# Required action
After finding the line containing "abbrev pub or_empty" below, please output that line and each following one through the line containing "combine left right vars", exactly as written.

(Data to process begins)

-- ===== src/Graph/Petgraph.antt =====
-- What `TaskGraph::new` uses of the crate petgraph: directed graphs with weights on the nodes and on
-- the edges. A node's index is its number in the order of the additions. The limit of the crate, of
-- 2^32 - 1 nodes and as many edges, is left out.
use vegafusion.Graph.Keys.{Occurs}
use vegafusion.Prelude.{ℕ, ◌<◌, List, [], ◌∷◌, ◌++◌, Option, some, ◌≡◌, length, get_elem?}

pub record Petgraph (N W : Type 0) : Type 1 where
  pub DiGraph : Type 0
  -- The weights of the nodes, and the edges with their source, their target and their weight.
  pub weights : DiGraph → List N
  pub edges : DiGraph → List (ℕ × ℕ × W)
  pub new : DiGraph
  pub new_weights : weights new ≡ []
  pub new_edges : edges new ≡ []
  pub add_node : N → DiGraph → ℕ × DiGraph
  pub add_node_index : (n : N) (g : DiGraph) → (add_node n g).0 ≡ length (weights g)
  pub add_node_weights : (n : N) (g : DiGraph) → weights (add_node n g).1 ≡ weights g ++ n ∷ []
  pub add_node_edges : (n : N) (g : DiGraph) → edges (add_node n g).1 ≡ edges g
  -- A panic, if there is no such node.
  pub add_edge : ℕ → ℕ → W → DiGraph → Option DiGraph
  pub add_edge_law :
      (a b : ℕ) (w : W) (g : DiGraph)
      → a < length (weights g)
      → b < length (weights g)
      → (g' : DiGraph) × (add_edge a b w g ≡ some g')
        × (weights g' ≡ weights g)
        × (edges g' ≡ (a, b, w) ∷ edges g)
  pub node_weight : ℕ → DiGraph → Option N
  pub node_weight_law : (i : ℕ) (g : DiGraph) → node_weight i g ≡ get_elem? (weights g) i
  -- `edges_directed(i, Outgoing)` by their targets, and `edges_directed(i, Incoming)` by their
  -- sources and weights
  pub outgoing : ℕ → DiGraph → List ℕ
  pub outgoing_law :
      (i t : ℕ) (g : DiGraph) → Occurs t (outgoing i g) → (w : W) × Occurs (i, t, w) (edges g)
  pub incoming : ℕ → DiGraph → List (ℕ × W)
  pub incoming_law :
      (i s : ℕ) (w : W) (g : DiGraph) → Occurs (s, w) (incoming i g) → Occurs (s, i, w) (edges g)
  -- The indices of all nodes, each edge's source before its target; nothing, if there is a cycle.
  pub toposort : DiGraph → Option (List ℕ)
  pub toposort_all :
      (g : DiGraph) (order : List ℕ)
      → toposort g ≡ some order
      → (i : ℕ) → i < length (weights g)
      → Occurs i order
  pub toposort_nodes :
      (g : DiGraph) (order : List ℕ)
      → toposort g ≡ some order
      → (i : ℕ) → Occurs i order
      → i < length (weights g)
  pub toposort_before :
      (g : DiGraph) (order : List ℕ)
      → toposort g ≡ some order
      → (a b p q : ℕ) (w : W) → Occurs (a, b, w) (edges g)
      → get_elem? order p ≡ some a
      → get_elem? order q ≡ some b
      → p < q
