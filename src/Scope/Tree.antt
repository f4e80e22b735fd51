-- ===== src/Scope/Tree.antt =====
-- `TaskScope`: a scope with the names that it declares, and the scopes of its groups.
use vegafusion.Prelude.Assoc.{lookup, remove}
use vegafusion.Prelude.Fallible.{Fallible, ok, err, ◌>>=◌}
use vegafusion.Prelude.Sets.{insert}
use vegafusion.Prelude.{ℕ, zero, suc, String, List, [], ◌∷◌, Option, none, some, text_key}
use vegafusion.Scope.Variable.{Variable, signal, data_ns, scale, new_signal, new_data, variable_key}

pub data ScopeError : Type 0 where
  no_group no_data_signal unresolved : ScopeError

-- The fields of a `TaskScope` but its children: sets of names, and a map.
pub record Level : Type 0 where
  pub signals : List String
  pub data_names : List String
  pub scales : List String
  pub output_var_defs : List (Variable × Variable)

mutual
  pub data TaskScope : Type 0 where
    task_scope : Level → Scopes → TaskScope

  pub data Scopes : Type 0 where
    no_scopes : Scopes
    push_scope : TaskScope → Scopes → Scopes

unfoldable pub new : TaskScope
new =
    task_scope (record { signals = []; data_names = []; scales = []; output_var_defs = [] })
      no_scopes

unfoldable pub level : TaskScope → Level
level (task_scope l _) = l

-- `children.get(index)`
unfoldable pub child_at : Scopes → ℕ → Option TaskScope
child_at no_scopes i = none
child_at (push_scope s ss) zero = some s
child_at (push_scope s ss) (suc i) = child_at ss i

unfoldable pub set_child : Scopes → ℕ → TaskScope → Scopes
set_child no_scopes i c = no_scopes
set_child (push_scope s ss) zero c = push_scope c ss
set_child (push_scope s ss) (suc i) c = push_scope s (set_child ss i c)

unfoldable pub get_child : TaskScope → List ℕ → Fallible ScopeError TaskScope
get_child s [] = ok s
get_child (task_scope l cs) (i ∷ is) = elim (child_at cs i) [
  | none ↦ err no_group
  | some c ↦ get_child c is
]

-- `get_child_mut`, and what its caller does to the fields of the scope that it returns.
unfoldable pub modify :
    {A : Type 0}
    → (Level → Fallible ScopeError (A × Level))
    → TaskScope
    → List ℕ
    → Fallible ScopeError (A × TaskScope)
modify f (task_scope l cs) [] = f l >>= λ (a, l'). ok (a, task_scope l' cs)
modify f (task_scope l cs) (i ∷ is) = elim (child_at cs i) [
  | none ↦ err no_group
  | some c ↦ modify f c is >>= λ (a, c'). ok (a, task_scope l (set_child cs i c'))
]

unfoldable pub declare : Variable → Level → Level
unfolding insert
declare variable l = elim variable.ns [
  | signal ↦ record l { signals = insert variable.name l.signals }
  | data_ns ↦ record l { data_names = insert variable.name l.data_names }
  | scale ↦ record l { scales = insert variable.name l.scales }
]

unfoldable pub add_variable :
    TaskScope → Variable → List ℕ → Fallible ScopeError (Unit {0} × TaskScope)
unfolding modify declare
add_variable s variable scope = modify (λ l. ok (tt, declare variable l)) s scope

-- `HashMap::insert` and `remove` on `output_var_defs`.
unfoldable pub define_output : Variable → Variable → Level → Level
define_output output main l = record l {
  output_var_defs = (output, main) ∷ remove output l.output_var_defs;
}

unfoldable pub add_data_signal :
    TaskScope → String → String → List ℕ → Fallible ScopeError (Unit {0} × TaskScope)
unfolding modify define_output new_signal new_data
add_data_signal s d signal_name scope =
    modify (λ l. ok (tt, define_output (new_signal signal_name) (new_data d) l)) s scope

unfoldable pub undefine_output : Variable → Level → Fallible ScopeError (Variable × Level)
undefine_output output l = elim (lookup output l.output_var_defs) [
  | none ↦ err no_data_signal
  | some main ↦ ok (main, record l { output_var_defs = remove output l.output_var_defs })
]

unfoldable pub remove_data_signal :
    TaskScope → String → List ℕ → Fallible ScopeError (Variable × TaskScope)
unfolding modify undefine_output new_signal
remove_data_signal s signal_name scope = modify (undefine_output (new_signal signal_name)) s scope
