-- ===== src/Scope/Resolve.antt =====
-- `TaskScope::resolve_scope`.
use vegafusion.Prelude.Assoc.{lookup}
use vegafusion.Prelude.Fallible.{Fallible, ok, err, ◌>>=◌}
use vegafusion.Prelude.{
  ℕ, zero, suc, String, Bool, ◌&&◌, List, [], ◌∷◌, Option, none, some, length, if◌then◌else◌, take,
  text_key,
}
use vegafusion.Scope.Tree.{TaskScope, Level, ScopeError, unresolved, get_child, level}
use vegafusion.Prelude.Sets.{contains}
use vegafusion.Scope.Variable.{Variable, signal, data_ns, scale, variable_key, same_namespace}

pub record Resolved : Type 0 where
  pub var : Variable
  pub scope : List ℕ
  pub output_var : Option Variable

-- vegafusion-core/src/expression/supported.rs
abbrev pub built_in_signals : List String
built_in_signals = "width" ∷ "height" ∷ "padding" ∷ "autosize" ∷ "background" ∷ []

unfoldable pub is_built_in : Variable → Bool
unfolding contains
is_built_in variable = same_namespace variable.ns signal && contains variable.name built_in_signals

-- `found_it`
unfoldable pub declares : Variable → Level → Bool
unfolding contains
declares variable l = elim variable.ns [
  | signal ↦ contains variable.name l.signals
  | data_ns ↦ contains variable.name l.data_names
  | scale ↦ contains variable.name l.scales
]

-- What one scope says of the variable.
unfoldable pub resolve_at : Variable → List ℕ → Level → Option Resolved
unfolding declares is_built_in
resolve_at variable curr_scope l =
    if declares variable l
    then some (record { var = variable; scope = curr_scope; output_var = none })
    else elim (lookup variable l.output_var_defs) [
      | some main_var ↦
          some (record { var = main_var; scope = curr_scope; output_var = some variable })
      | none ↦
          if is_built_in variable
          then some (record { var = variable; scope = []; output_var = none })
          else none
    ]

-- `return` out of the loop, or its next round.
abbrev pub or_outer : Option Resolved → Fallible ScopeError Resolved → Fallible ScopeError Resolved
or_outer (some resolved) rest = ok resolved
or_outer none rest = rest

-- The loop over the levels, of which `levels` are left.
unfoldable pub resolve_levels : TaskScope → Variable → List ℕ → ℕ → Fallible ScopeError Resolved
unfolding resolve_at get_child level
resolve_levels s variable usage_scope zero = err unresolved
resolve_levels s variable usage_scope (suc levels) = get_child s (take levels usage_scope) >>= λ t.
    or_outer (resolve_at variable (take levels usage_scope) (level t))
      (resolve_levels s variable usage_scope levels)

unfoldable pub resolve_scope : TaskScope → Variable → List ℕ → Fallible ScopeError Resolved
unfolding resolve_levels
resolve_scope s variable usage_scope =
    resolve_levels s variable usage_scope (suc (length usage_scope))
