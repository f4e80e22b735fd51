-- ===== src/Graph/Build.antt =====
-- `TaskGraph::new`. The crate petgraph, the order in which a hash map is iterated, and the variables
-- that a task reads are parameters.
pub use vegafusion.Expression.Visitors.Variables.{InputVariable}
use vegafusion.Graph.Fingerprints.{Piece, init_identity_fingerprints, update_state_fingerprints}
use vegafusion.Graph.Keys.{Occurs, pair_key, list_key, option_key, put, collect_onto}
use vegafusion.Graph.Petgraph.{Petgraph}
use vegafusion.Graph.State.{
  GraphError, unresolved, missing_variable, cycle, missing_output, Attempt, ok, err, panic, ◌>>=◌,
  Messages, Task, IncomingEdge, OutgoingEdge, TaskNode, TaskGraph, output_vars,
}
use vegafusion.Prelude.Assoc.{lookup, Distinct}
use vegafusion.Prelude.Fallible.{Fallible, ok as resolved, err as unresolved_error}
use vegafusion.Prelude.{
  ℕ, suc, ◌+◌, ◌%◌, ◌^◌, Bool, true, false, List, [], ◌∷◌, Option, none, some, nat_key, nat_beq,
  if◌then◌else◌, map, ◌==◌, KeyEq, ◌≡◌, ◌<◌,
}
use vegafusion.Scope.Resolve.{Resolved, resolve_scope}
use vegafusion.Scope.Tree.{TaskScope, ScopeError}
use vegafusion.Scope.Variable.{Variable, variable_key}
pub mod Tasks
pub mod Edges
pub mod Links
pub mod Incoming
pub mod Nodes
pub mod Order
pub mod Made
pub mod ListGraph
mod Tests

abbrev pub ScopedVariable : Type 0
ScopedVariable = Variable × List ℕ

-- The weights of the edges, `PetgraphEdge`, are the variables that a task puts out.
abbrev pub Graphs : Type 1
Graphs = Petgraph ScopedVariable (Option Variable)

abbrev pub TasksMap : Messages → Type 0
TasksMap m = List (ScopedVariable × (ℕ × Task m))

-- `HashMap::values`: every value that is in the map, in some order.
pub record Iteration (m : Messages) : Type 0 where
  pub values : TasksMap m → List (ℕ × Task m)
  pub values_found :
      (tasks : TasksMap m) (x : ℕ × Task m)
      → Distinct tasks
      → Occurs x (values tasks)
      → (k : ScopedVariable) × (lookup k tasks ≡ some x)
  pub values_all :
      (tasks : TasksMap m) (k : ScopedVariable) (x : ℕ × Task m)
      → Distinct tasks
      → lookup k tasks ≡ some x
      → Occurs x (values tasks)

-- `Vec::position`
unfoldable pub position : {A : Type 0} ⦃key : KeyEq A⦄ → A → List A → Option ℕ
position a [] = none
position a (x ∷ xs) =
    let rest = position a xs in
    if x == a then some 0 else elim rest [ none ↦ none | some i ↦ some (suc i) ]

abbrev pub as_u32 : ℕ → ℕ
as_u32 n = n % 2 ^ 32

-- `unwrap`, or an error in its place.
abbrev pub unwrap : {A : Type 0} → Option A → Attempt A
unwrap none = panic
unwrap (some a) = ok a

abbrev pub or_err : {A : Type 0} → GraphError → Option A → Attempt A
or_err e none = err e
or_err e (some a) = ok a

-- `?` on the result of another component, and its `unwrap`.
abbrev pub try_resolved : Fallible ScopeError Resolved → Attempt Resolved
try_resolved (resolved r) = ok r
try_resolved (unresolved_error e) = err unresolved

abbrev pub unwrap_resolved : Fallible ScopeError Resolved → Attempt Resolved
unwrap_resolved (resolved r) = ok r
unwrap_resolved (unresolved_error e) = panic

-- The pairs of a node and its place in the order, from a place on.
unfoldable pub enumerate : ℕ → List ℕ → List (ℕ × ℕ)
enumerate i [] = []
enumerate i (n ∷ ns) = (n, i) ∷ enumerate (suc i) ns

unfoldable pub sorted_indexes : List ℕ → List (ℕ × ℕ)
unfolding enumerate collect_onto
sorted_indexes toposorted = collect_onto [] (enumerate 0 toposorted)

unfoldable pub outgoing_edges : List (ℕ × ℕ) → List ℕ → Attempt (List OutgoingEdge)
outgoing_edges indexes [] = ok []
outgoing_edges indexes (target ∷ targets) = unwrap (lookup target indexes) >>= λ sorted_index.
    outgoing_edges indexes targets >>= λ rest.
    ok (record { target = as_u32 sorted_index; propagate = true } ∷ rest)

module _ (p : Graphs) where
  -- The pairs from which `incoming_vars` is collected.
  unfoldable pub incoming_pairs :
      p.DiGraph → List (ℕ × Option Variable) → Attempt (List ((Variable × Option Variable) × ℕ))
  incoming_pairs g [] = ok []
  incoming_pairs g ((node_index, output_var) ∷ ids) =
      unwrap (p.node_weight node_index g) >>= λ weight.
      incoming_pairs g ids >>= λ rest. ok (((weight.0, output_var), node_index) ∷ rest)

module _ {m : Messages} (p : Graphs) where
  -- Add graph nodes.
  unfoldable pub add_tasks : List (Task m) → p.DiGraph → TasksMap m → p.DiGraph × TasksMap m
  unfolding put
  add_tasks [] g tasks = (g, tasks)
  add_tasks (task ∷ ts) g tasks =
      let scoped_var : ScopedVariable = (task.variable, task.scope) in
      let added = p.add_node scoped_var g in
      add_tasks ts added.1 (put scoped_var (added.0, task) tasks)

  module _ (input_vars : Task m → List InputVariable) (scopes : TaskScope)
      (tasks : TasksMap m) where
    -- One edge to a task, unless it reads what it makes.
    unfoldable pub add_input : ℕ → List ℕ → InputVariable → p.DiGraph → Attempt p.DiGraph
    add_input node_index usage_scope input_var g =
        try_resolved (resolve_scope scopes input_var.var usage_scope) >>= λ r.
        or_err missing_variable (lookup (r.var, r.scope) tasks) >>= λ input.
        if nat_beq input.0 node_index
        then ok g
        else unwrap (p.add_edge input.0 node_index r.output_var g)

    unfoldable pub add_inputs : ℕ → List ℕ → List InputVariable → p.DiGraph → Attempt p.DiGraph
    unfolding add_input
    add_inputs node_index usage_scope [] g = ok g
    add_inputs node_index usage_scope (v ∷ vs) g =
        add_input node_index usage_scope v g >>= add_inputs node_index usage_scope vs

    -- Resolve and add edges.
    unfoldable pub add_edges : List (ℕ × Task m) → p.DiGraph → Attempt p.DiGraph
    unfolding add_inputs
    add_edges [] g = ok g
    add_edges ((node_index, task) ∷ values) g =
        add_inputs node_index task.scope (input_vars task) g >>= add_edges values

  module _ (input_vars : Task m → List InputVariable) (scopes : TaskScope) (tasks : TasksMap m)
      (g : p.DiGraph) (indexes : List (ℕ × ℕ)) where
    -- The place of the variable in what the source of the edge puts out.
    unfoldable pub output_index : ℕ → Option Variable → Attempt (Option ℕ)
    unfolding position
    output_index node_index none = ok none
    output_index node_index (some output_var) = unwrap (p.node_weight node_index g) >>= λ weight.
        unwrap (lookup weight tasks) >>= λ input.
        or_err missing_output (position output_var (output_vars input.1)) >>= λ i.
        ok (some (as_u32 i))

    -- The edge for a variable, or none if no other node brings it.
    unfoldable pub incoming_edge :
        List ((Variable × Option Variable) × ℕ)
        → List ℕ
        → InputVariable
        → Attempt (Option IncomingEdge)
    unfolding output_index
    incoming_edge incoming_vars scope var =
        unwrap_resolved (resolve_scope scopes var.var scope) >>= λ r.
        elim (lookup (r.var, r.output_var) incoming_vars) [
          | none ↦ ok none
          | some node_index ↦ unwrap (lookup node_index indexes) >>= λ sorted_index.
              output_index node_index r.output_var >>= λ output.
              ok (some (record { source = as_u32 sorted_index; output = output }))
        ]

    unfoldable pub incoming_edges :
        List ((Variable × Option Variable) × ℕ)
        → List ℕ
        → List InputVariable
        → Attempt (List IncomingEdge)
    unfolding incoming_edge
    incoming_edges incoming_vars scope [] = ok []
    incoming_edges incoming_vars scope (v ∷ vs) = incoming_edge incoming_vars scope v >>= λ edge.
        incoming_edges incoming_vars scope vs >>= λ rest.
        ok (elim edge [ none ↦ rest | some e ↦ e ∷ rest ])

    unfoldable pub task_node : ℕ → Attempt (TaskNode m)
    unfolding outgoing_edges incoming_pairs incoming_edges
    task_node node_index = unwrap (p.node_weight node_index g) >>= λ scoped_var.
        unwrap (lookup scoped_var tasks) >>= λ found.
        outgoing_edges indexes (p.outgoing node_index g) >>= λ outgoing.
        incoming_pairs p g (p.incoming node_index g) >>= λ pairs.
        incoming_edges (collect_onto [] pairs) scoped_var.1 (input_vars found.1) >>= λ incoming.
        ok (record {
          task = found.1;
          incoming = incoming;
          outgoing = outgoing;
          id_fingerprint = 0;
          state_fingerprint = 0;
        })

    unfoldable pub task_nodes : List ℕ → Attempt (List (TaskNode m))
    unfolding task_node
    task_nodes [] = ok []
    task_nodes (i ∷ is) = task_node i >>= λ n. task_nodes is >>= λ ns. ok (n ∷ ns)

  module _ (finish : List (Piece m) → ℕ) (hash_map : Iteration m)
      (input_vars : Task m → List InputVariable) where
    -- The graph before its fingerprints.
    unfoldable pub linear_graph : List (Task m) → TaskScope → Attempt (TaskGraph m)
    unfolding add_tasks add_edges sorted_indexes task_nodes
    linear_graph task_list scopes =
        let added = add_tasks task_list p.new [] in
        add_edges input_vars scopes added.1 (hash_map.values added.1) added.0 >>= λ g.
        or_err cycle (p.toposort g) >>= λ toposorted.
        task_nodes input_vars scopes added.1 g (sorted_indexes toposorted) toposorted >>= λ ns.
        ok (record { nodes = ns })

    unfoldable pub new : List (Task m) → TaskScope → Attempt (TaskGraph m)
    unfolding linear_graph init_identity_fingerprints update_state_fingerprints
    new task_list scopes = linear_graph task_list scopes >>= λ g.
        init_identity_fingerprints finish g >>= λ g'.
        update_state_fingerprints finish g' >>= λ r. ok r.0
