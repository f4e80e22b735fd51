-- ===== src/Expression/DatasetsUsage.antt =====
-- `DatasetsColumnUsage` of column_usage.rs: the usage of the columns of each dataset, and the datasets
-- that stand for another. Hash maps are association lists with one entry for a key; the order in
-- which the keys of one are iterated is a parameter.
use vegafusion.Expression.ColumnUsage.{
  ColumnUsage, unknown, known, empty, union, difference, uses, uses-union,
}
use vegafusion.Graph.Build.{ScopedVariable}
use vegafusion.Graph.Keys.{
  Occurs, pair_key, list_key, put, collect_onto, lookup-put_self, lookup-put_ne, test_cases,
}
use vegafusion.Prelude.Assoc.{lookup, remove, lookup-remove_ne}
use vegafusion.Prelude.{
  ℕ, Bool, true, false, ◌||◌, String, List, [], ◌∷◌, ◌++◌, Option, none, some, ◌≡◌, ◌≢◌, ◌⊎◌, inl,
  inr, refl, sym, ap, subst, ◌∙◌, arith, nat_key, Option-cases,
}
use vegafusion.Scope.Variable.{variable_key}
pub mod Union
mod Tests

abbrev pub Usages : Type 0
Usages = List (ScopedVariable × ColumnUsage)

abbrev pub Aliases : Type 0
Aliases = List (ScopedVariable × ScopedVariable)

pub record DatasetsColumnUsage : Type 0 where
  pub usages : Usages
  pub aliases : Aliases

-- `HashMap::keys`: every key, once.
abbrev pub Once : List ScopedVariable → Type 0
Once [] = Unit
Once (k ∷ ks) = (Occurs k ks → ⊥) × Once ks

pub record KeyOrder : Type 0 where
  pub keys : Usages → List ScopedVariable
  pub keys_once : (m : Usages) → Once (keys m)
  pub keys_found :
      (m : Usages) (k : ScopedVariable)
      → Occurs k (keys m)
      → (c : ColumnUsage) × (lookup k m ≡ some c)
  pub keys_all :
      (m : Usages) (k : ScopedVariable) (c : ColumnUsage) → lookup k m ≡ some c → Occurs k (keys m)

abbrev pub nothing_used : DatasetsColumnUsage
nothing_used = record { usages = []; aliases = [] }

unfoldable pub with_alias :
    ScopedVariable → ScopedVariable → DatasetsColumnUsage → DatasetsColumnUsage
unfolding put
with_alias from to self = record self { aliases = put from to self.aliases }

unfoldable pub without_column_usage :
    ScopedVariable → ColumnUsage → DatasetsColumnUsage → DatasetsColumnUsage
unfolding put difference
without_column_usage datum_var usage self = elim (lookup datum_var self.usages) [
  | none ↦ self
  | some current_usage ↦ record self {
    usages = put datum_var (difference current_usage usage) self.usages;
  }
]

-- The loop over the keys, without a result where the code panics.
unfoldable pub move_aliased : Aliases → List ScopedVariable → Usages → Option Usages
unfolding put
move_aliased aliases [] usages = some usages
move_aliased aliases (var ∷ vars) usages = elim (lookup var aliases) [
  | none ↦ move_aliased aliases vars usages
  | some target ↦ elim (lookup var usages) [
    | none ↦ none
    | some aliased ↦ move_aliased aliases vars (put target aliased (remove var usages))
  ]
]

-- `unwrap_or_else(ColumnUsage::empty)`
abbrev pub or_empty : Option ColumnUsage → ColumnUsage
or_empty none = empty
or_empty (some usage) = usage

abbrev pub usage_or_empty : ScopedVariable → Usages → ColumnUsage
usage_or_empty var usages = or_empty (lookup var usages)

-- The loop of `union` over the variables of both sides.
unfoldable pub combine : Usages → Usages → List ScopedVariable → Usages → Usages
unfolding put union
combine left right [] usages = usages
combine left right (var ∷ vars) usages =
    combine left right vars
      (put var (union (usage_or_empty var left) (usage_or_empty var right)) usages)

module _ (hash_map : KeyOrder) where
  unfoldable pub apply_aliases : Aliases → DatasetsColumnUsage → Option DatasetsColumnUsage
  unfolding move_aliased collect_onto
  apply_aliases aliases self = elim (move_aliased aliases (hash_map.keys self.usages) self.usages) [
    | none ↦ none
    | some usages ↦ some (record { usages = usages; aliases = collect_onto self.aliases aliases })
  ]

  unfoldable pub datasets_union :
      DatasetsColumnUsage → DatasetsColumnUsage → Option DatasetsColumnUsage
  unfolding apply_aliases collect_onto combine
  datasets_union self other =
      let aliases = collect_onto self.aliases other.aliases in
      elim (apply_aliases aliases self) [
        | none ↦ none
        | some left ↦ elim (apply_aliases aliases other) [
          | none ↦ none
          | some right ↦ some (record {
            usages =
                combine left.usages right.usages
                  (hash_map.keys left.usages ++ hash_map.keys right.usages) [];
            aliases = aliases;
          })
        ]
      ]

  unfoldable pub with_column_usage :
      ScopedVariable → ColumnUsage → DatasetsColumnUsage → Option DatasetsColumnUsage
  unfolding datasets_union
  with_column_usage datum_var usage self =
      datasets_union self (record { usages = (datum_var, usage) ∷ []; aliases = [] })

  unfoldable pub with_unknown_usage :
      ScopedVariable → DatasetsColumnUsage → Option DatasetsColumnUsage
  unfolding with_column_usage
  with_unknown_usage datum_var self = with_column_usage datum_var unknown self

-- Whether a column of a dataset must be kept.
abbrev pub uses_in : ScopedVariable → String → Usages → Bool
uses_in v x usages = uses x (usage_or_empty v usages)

(Data to process ends)

# Written solution
abbrev pub or_empty : Option ColumnUsage → ColumnUsage
or_empty none = empty
or_empty (some usage) = usage

abbrev pub usage_or_empty : ScopedVariable → Usages → ColumnUsage
usage_or_empty var usages = or_empty (lookup var usages)

-- The loop of `union` over the variables of both sides.
unfoldable pub combine : Usages → Usages → List ScopedVariable → Usages → Usages
unfolding put union
combine left right [] usages = usages
combine left right (var ∷ vars) usages =
    combine left right vars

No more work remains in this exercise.